- **EXERCISE OBJECTIVE**:
Every line in the records below between the one holding "modes_of_operation = 0x6060" and the one holding "motor_type_object = 0x6402", inclusive, is to be set down exactly; all other lines are to be left out.
****************
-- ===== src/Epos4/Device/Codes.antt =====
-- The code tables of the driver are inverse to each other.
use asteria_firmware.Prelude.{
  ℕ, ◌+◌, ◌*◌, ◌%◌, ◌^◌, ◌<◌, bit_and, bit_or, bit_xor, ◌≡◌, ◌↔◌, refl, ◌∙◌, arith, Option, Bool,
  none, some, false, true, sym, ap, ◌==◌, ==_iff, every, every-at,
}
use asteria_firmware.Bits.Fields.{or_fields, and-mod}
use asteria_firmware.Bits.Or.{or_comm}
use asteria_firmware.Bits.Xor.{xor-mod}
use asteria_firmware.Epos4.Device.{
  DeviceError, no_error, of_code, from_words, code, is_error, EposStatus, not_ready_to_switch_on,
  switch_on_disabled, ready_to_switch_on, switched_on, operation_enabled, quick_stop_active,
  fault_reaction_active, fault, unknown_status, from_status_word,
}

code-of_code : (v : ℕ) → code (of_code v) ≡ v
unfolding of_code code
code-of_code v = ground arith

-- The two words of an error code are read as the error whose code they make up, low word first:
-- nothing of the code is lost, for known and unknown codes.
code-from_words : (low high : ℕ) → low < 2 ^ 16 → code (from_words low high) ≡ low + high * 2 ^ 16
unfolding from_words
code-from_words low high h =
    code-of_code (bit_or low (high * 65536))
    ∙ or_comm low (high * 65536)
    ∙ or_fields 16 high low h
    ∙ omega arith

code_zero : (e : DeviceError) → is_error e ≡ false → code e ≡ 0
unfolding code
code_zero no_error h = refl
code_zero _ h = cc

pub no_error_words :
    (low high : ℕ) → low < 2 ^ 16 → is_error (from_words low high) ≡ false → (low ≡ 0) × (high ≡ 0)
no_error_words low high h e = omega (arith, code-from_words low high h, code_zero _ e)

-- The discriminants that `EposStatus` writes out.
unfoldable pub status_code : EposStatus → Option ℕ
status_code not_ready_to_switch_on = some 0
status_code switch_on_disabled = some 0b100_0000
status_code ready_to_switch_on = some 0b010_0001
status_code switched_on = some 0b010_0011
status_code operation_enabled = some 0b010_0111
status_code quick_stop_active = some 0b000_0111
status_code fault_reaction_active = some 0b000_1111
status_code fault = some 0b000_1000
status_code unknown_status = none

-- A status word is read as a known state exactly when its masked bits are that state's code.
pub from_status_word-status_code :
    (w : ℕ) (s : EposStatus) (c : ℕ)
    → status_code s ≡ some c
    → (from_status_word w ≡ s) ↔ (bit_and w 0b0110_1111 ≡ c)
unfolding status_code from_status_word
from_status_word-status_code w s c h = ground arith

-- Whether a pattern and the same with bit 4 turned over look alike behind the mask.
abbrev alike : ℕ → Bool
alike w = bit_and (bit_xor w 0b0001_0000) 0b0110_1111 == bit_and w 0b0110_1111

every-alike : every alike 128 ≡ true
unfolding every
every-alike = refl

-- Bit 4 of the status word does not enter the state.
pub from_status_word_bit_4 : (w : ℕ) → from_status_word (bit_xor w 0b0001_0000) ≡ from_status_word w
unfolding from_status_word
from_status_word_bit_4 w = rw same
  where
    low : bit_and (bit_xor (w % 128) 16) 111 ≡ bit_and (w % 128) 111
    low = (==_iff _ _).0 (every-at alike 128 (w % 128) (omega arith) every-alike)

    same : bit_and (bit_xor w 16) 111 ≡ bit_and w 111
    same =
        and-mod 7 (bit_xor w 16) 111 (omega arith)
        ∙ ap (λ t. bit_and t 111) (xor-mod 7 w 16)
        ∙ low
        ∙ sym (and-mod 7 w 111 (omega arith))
****************
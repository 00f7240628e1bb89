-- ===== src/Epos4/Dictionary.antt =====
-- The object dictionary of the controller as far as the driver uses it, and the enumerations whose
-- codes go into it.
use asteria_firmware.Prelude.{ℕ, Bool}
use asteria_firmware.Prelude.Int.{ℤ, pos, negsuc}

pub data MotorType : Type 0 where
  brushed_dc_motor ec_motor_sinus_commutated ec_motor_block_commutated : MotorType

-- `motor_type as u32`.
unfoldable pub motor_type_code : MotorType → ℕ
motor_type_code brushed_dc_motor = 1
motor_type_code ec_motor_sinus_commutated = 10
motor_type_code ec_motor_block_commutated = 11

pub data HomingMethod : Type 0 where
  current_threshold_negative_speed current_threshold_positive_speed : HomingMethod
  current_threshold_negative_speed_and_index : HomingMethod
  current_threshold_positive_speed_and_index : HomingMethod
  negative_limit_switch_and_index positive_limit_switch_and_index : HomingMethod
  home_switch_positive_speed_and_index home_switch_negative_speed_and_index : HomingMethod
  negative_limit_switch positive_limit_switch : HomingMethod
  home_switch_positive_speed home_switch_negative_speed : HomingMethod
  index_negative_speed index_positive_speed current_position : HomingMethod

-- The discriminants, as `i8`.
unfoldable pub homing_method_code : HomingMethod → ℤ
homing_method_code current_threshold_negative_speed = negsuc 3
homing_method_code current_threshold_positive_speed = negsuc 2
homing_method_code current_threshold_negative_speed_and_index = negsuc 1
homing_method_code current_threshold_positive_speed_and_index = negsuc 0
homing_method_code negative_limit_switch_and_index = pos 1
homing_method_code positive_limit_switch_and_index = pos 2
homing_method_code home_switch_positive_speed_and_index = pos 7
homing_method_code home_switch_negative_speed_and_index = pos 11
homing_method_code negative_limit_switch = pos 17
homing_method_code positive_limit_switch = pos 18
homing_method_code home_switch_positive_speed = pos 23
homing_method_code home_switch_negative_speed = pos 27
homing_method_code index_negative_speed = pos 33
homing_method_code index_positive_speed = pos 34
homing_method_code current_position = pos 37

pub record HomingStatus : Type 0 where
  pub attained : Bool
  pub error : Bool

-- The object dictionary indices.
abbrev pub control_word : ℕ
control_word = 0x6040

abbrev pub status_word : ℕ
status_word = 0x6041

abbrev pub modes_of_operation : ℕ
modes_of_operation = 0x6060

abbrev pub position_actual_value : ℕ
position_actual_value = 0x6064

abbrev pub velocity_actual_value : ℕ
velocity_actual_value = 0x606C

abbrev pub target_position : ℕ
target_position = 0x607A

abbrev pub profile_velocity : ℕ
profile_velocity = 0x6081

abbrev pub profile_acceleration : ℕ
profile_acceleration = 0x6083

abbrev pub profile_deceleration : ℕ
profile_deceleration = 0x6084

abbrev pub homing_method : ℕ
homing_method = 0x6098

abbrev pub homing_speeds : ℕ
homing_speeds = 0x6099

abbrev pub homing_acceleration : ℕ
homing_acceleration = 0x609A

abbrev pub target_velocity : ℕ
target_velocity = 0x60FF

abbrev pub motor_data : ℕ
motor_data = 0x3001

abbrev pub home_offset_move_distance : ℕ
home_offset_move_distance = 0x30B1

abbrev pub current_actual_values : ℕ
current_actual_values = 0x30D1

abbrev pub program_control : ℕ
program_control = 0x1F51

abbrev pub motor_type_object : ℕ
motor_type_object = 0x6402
****************
- **WRITTEN SOLUTION**:
modes_of_operation = 0x6060

abbrev pub position_actual_value : ℕ
position_actual_value = 0x6064

abbrev pub velocity_actual_value : ℕ
velocity_actual_value = 0x606C

abbrev pub target_position : ℕ
target_position = 0x607A

abbrev pub profile_velocity : ℕ
profile_velocity = 0x6081

abbrev pub profile_acceleration : ℕ
profile_acceleration = 0x6083

abbrev pub profile_deceleration : ℕ
profile_deceleration = 0x6084

abbrev pub homing_method : ℕ
homing_method = 0x6098

abbrev pub homing_speeds : ℕ
homing_speeds = 0x6099

abbrev pub homing_acceleration : ℕ
homing_acceleration = 0x609A

abbrev pub target_velocity : ℕ
target_velocity = 0x60FF

abbrev pub motor_data : ℕ
motor_data = 0x3001

abbrev pub home_offset_move_distance : ℕ
home_offset_move_distance = 0x30B1

abbrev pub current_actual_values : ℕ
current_actual_values = 0x30D1

abbrev pub program_control : ℕ
program_control = 0x1F51

abbrev pub motor_type_object : ℕ
motor_type_object = 0x6402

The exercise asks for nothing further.